Apport capital : définition et place dans le capital social

Apport en numéraire : versement, libération et délais

Apport en nature : évaluation et commissaire aux apports

Apport en industrie : conditions et sociétés concernées

Apport au capital ou compte courant d'associé

Risques juridiques et responsabilité du dirigeant apporteur

FAQ

Pour aller plus loin

Apport capital : définition et place dans le capital social

L'apport capital est l'opération par laquelle un associé ou un actionnaire transfère un bien, une somme d'argent ou une compétence à une société. En contrepartie, il reçoit des titres (parts sociales ou actions) qui représentent sa quote-part dans le capital social. Ce mécanisme fonde la société : sans apport, pas de capital ; sans capital, pas d'immatriculation.
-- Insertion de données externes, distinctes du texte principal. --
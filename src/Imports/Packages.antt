-- ===== src/Imports/Packages.antt =====
-- The six packages of cdk8s/imports: what a package declares, next to what its init function registers.
use learning_crossplane_e2e.Prelude.{String, List, [], ◌∷◌, ◌++◌, map}
use learning_crossplane_e2e.Imports.Template.{ValueClass, Binding}
use learning_crossplane_e2e.Imports.Registry.{
  Registration, register_class, register_struct, register_enum,
}
use learning_crossplane_e2e.Imports.Registered.{
  k8s_init, cert_manager_init, series_init, external_secrets_init, schemahero_databases_init,
  schemahero_schemas_init,
}
use learning_crossplane_e2e.Imports.K8s.{
  k8s_bindings, int_or_string_class, int_or_string_check, quantity_class, quantity_check,
}
use learning_crossplane_e2e.Imports.Custom.{
  cert_manager_bindings, series_bindings, external_secrets_bindings, schemahero_databases_bindings,
  schemahero_schemas_bindings,
}

-- A package: its name in jsii, its classes of API objects, its unions of a number and a text, and what
-- its init function registers.
pub record Package (P X : Type 0) : Type 0 where
  pub name : String
  pub bindings : List (Binding P X)
  pub values : List (ValueClass P X)
  pub init : List Registration

abbrev custom_package :
    {P X : Type 0} → String → List (Binding P X) → List Registration → Package P X
custom_package name bindings init = record {
  name = name;
  bindings = bindings;
  values = [];
  init = init;
}

abbrev pub packages : {P X : Type 0} → List (Package P X)
packages =
    record {
      name = "k8s";
      bindings = k8s_bindings;
      values = int_or_string_class int_or_string_check ∷ quantity_class quantity_check ∷ [];
      init = k8s_init;
    }
    ∷ custom_package "cert-managerio" cert_manager_bindings cert_manager_init
    ∷ custom_package "devopstoolkitseriescom" series_bindings series_init
    ∷ custom_package "external-secretsio" external_secrets_bindings external_secrets_init
    ∷ custom_package "databasesschemaheroio" schemahero_databases_bindings schemahero_databases_init
    ∷ custom_package "schemasschemaheroio" schemahero_schemas_bindings schemahero_schemas_init
    ∷ []

-- The names of the classes that an init function registers.
abbrev pub classes_in : List Registration → List String
classes_in [] = []
classes_in (register_class fqn type members proxy ∷ rest) = fqn ∷ classes_in rest
classes_in (register_struct fqn type ∷ rest) = classes_in rest
classes_in (register_enum fqn type values ∷ rest) = classes_in rest

abbrev pub registered_in : {P X : Type 0} → List (Package P X) → List String
registered_in [] = []
registered_in (p ∷ ps) = classes_in p.init ++ registered_in ps

abbrev pub registered_classes : List String
registered_classes = registered_in (packages {P = String} {X = String})

abbrev pub package_names : List String
package_names = map (λ p. p.name) (packages {P = String} {X = String})
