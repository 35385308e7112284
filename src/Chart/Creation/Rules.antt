-- ===== src/Chart/Creation/Rules.antt =====
-- Proof rules for code that creates the constructs of a list, each with complete props and under an
-- id that is free in its scope.
use text.Mathlib.Text.{◌==◌ as str_eq}
use text.Mathlib.TextEquality.{eq_iff}
use learning_crossplane_e2e.Prelude.{
  String, Bool, true, false, not, ◌&&◌, ◌||◌, Option, none, some, List, [], ◌∷◌, ◌++◌, ◌≡◌, refl,
  sym, ap, ◌∙◌, arith, All, if◌then◌else◌,
}
use learning_crossplane_e2e.Imports.Template.{Load, initialize, load, static_invoke, of_value}
use learning_crossplane_e2e.Imports.Packages.{package_names, registered_classes}
use learning_crossplane_e2e.Chart.K8s.Base.{Float64}
use learning_crossplane_e2e.Chart.App.{
  Construct, Resource, deployment, service, ingress, certificate, helm, sql_claim, secret,
  external_secret, database, table,
}
use learning_crossplane_e2e.Chart.App.Complete.{resource_complete, IsComplete}
use learning_crossplane_e2e.Chart.App.Ids.{absent, distinct, ids}
use learning_crossplane_e2e.Chart.Bindings.{
  Created, Runtime, text_literal, number_literal, B, built, then_run, ◌>>◌, skip,
}

-- The class that app.go creates for a resource.
abbrev pub class_of : Resource → String
class_of (deployment p) = "k8s.KubeDeployment"
class_of (service p) = "k8s.KubeService"
class_of (ingress p) = "k8s.KubeIngress"
class_of (certificate p) = "cert-managerio.Certificate"
class_of (helm p) = "cdk8s.Helm"
class_of (sql_claim p) = "devopstoolkitseriescom.SqlClaim"
class_of (secret p) = "k8s.KubeSecret"
class_of (external_secret p) = "external-secretsio.ExternalSecret"
class_of (database p) = "databasesschemaheroio.Database"
class_of (table p) = "schemasschemaheroio.Table"

abbrev pub object : String → Construct → Created
object path c = record {
  class = class_of c.resource;
  scope = some path;
  id = some c.id;
  props = some c.resource;
}

-- The objects of a list of constructs on top of older ones, the newest first.
abbrev pub objects : String → List Construct → List Created → List Created
objects path [] kids = kids
objects path (c ∷ cs) kids = objects path cs (object path c ∷ kids)

abbrev is_some : String → Option String → Bool
is_some s none = false
is_some s (some t) = str_eq s t

-- The scope has an object of that id.
abbrev pub taken : String → String → List Created → Bool
taken path id [] = false
taken path id (kid ∷ kids) = is_some path kid.scope && is_some id kid.id || taken path id kids

-- jsii knows the class, since an init function of cdk8s/imports or of cdk8s itself registers it.
abbrev pub known : String → Bool
known class = str_eq class "cdk8s.Helm" || not (absent class registered_classes)

pub class_of-known : (r : Resource) → known (class_of r) ≡ true
class_of-known (deployment p) = refl
class_of-known (service p) = refl
class_of-known (ingress p) = refl
class_of-known (certificate p) = refl
class_of-known (helm p) = refl
class_of-known (sql_claim p) = refl
class_of-known (secret p) = refl
class_of-known (external_secret p) = refl
class_of-known (database p) = refl
class_of-known (table p) = refl

-- The packages on which those of cdk8s/imports depend, and the libraries that are embedded in these.
abbrev pub embedded : Load → Bool
embedded (initialize name) = not (absent name ("cdk8s" ∷ "constructs" ∷ []))
embedded (load name version) = str_eq version "0.0.0" && not (absent name package_names)

-- What the jsii runtime is relied on for: it validates complete props, creates each object of a class
-- that it knows under an id that is free, loads the embedded libraries, has a node for each construct,
-- and makes quantities of texts and ports of numbers.
pub record Accepts (rt : Runtime) : Type 0 where
  pub valid : (r : Resource) → resource_complete r ≡ true → rt.validate_struct (some r) ≡ none
  pub free :
      (kids : List Created) (c : Created) (path id : String)
      → c.scope ≡ some path
      → c.id ≡ some id
      → taken path id kids ≡ false
      → known c.class ≡ true
      → rt.create kids c ≡ none
  pub loadable : (l : Load) → embedded l ≡ true → rt.load_library l ≡ none
  pub has_node : (path : String) → rt.node_of path ≡ none
  pub quantities :
      (s : String)
      → rt.static_call
          (static_invoke "k8s.Quantity" "fromString" (of_value (some (text_literal s))))
        ≡ none
  pub numbers :
      (n : Float64)
      → rt.static_call
          (static_invoke "k8s.IntOrString" "fromNumber" (of_value (some (number_literal n))))
        ≡ none

-- Each construct can be created after those before it.
abbrev pub CanAdd : String → List Construct → List Created → Type 0
CanAdd path [] kids = Unit
CanAdd path (c ∷ cs) kids =
    IsComplete c × (taken path c.id kids ≡ false) × CanAdd path cs (object path c ∷ kids)

pub record Creates (path : String) (cs : List Construct) (m : B (Unit {0})) : Type 0 where
  pub run : (kids : List Created) → CanAdd path cs kids → m kids ≡ built tt (objects path cs kids)

pub skip-Creates : (path : String) → Creates path [] skip
skip-Creates path = record { run = λ kids h. refl }

module _ (path : String) where
  objects-append :
      (cs ds : List Construct) (kids : List Created)
      → objects path (cs ++ ds) kids ≡ objects path ds (objects path cs kids)
  objects-append [] ds kids = refl
  objects-append (c ∷ cs) ds kids = objects-append cs ds (object path c ∷ kids)

  first-CanAdd :
      (cs ds : List Construct) (kids : List Created)
      → CanAdd path (cs ++ ds) kids
      → CanAdd path cs kids
  first-CanAdd [] ds kids h = tt
  first-CanAdd (c ∷ cs) ds kids h = (h.0, h.1, first-CanAdd cs ds _ h.2)

  rest-CanAdd :
      (cs ds : List Construct) (kids : List Created)
      → CanAdd path (cs ++ ds) kids
      → CanAdd path ds (objects path cs kids)
  rest-CanAdd [] ds kids h = h
  rest-CanAdd (c ∷ cs) ds kids h = rest-CanAdd cs ds _ h.2

  pub both-Creates :
      (cs ds : List Construct) {m n : B (Unit {0})}
      → Creates path cs m
      → Creates path ds n
      → Creates path (cs ++ ds) (m >> n)
  both-Creates cs ds {m} {n} hm hn = record {
    run = λ kids h.
        ap (then_run (λ _. n)) (hm.run kids (first-CanAdd cs ds kids h))
        ∙ hn.run _ (rest-CanAdd cs ds kids h)
        ∙ ap (built tt) (sym (objects-append cs ds kids));
  }

  pub if-Creates :
      (b : Bool) (cs ds : List Construct) {m n : B (Unit {0})}
      → Creates path cs m
      → Creates path ds n
      → Creates path (if b then cs else ds) (if b then m else n)
  if-Creates true cs ds hm hn = hm
  if-Creates false cs ds hm hn = hn

  -- No construct of a list has the id of the one before it.
  free-next :
      (c : Construct) (cs : List Construct) (kids : List Created)
      → absent c.id (ids cs) ≡ true
      → All (λ (d : Construct). taken path d.id kids ≡ false) cs
      → All (λ (d : Construct). taken path d.id (object path c ∷ kids) ≡ false) cs
  free-next c [] kids h free = tt
  free-next c (d ∷ cs) kids h (f, free) =
      (ground (arith, eq_iff c.id d.id, eq_iff d.id c.id), free-next c cs kids (ground arith) free)

  CanAdd-distinct :
      (cs : List Construct) (kids : List Created)
      → All IsComplete cs
      → distinct (ids cs) ≡ true
      → All (λ (d : Construct). taken path d.id kids ≡ false) cs
      → CanAdd path cs kids
  CanAdd-distinct [] kids complete apart free = tt
  CanAdd-distinct (c ∷ cs) kids (p, complete) apart (f, free) =
      (p, f, CanAdd-distinct cs _ complete (ground arith) (free-next c cs kids (ground arith) free))

  other_ids : (cs : List Construct) → All (λ (d : Construct). taken path d.id [] ≡ false) cs
  other_ids [] = tt
  other_ids (c ∷ cs) = (refl, other_ids cs)

  -- In a new scope, complete constructs with distinct ids can be created.
  pub CanAdd-new :
      (cs : List Construct) → All IsComplete cs → distinct (ids cs) ≡ true → CanAdd path cs []
  CanAdd-new cs complete apart = CanAdd-distinct cs [] complete apart (other_ids cs)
Le capital social figure au passif du bilan comptable. Il constitue la garantie minimale offerte aux créanciers. En pratique, il conditionne aussi la répartition du pouvoir de vote et des dividendes entre associés. Toute modification de ce montant (augmentation ou réduction) relève d'une décision collective et d'une formalité au greffe.

Trois catégories d'apports coexistent en droit français : l'apport en numéraire, l'apport en nature et l'apport en industrie. Chacune obéit à des règles de forme, d'évaluation et de comptabilisation distinctes.

Apport en numéraire : versement, libération et délais

L'apport en numéraire consiste à verser une somme d'argent sur le compte bancaire de la société. C'est la forme la plus courante. En SARL, au moins 20 % du montant souscrit doit être libéré à la constitution. En SAS et en SA, ce seuil monte à 50 %. Le solde doit être versé dans un délai de 5 ans à compter de l'immatriculation.

Forme juridiqueLibération minimale à la constitutionDélai pour le solde
SARL20 %5 ans
SAS50 %5 ans
SA50 %5 ans
SCILibre (fixé par les statuts)Selon statuts

Tant que le capital n'est pas intégralement libéré, la société ne peut pas distribuer de dividendes. En outre, le capital non appelé reste une créance de la société sur l'associé. En cas de défaillance, le liquidateur peut exiger le versement du solde.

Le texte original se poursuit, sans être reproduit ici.